Task to carry out. Once you reach the line containing "ttl (some (infinite negative)) = 3600" in the entries below, write out that line and each one after it down to the line containing "then deny_missing_private_key_ref", exactly and with nothing added.

Data records.

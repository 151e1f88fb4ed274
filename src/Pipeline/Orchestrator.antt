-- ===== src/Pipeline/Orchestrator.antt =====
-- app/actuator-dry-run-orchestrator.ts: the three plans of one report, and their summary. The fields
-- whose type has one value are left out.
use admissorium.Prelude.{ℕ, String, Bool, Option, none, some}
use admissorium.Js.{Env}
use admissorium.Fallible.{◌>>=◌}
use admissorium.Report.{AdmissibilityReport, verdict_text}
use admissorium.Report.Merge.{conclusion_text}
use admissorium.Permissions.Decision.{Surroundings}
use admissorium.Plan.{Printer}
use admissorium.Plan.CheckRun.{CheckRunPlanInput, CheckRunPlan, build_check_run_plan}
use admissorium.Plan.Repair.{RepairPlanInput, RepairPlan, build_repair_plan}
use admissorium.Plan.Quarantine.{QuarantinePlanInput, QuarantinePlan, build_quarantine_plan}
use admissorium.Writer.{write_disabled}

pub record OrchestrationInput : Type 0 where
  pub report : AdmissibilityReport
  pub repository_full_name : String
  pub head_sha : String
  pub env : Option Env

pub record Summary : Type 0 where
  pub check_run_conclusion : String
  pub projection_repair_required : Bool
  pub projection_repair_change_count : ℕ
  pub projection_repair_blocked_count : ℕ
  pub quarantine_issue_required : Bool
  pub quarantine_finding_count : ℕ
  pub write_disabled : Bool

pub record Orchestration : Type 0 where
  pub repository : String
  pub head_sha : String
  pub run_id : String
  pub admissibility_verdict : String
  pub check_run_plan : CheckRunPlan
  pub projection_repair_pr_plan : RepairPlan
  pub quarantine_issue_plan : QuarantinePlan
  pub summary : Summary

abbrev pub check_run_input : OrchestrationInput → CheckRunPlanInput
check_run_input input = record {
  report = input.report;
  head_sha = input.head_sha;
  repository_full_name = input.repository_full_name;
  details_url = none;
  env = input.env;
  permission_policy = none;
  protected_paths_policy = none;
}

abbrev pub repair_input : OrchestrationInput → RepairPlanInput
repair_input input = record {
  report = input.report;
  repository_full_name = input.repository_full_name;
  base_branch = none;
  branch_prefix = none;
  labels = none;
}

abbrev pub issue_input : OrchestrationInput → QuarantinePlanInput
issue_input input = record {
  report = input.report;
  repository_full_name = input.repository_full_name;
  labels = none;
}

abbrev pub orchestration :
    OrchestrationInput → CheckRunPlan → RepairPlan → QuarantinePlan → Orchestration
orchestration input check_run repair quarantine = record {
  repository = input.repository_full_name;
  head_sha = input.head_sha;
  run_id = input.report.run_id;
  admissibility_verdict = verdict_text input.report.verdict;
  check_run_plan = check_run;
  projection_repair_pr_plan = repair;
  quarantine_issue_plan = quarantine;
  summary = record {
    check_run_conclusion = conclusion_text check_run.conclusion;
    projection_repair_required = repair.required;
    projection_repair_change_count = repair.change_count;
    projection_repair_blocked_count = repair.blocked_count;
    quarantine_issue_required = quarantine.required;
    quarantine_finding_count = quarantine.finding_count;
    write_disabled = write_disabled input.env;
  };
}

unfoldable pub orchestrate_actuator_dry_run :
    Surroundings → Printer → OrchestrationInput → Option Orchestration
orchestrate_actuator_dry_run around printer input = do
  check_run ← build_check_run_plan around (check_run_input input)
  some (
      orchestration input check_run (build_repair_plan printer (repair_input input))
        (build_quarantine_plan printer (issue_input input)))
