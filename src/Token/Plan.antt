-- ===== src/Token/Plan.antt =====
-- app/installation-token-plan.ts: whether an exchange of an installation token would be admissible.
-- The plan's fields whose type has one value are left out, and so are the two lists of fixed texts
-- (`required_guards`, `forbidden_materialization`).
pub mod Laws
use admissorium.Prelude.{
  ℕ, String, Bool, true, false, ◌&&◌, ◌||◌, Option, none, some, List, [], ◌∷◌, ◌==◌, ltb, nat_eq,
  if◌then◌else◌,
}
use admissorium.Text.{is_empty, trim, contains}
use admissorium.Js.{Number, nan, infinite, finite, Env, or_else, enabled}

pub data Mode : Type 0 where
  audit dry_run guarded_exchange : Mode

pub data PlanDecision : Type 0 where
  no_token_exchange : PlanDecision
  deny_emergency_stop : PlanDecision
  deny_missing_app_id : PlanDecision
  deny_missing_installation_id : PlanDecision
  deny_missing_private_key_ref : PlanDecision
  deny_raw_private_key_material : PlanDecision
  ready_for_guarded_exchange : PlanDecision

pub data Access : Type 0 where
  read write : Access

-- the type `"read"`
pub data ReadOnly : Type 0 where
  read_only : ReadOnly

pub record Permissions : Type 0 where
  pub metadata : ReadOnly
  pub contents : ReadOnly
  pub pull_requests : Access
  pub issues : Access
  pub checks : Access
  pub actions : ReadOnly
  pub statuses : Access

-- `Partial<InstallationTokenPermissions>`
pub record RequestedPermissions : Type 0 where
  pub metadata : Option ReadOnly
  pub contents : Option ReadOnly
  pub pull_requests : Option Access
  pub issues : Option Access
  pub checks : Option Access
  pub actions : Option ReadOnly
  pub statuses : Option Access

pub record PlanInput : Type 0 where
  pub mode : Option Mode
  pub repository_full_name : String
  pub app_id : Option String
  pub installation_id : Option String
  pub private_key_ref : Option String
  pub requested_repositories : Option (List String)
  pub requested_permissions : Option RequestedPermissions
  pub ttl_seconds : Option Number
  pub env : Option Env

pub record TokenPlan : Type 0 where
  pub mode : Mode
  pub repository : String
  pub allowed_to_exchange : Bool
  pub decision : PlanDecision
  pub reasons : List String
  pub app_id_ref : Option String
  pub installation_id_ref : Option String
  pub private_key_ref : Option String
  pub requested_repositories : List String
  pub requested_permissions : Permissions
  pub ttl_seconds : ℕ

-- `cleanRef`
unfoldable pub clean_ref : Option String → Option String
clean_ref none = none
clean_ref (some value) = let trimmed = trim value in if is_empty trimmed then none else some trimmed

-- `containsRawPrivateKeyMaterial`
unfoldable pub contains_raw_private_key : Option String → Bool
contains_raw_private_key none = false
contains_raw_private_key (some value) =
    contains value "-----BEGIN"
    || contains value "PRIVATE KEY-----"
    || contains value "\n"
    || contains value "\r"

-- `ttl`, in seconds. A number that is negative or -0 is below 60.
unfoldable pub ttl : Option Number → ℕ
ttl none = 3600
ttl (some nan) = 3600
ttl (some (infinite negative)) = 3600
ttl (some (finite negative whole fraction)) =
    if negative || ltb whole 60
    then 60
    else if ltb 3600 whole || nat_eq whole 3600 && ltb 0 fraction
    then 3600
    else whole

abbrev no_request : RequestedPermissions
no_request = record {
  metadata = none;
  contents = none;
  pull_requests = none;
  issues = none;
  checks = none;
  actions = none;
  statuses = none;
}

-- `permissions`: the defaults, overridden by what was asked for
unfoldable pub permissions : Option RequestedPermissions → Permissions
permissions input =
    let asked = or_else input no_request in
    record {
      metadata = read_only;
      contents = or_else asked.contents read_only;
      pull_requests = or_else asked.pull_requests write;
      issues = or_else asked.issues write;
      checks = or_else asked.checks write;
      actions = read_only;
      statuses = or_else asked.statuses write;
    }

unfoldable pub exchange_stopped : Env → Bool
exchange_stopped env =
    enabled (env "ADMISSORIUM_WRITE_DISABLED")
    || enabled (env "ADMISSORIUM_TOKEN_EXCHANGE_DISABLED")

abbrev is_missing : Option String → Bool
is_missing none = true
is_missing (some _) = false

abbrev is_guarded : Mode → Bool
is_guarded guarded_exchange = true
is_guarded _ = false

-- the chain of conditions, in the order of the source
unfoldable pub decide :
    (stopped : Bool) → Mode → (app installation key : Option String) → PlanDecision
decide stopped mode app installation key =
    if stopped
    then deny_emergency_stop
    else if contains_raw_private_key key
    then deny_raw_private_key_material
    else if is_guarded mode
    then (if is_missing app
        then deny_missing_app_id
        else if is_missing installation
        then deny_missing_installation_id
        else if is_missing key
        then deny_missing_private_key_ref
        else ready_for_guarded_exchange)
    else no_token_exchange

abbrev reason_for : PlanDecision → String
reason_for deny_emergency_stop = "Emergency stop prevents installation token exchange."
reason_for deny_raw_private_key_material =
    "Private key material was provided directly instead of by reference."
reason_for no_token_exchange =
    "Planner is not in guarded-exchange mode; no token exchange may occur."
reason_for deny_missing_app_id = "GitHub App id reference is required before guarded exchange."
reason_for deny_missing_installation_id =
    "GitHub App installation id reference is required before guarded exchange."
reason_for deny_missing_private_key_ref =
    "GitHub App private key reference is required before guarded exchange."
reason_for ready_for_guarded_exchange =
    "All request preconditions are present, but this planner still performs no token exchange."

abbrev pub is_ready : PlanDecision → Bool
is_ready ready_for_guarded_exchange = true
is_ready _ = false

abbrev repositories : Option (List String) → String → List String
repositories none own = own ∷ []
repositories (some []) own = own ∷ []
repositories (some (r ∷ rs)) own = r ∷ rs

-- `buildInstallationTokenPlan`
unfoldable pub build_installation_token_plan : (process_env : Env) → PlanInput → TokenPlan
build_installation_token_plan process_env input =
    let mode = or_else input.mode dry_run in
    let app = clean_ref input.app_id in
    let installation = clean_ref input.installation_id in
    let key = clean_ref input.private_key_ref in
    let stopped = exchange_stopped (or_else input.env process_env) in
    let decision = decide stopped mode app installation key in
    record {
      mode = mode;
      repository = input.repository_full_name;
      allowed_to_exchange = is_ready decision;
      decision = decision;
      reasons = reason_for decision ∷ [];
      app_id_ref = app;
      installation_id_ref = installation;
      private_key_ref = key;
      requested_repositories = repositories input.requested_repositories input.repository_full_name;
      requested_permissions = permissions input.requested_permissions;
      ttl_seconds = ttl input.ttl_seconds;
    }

Written reply.
ttl (some (infinite negative)) = 3600
ttl (some (finite negative whole fraction)) =
    if negative || ltb whole 60
    then 60
    else if ltb 3600 whole || nat_eq whole 3600 && ltb 0 fraction
    then 3600
    else whole

abbrev no_request : RequestedPermissions
no_request = record {
  metadata = none;
  contents = none;
  pull_requests = none;
  issues = none;
  checks = none;
  actions = none;
  statuses = none;
}

-- `permissions`: the defaults, overridden by what was asked for
unfoldable pub permissions : Option RequestedPermissions → Permissions
permissions input =
    let asked = or_else input no_request in
    record {
      metadata = read_only;
      contents = or_else asked.contents read_only;
      pull_requests = or_else asked.pull_requests write;
      issues = or_else asked.issues write;
      checks = or_else asked.checks write;
      actions = read_only;
      statuses = or_else asked.statuses write;
    }

unfoldable pub exchange_stopped : Env → Bool
exchange_stopped env =
    enabled (env "ADMISSORIUM_WRITE_DISABLED")
    || enabled (env "ADMISSORIUM_TOKEN_EXCHANGE_DISABLED")

abbrev is_missing : Option String → Bool
is_missing none = true
is_missing (some _) = false

abbrev is_guarded : Mode → Bool
is_guarded guarded_exchange = true
is_guarded _ = false

-- the chain of conditions, in the order of the source
unfoldable pub decide :
    (stopped : Bool) → Mode → (app installation key : Option String) → PlanDecision
decide stopped mode app installation key =
    if stopped
    then deny_emergency_stop
    else if contains_raw_private_key key
    then deny_raw_private_key_material
    else if is_guarded mode
    then (if is_missing app
        then deny_missing_app_id
        else if is_missing installation
        then deny_missing_installation_id
        else if is_missing key
        then deny_missing_private_key_ref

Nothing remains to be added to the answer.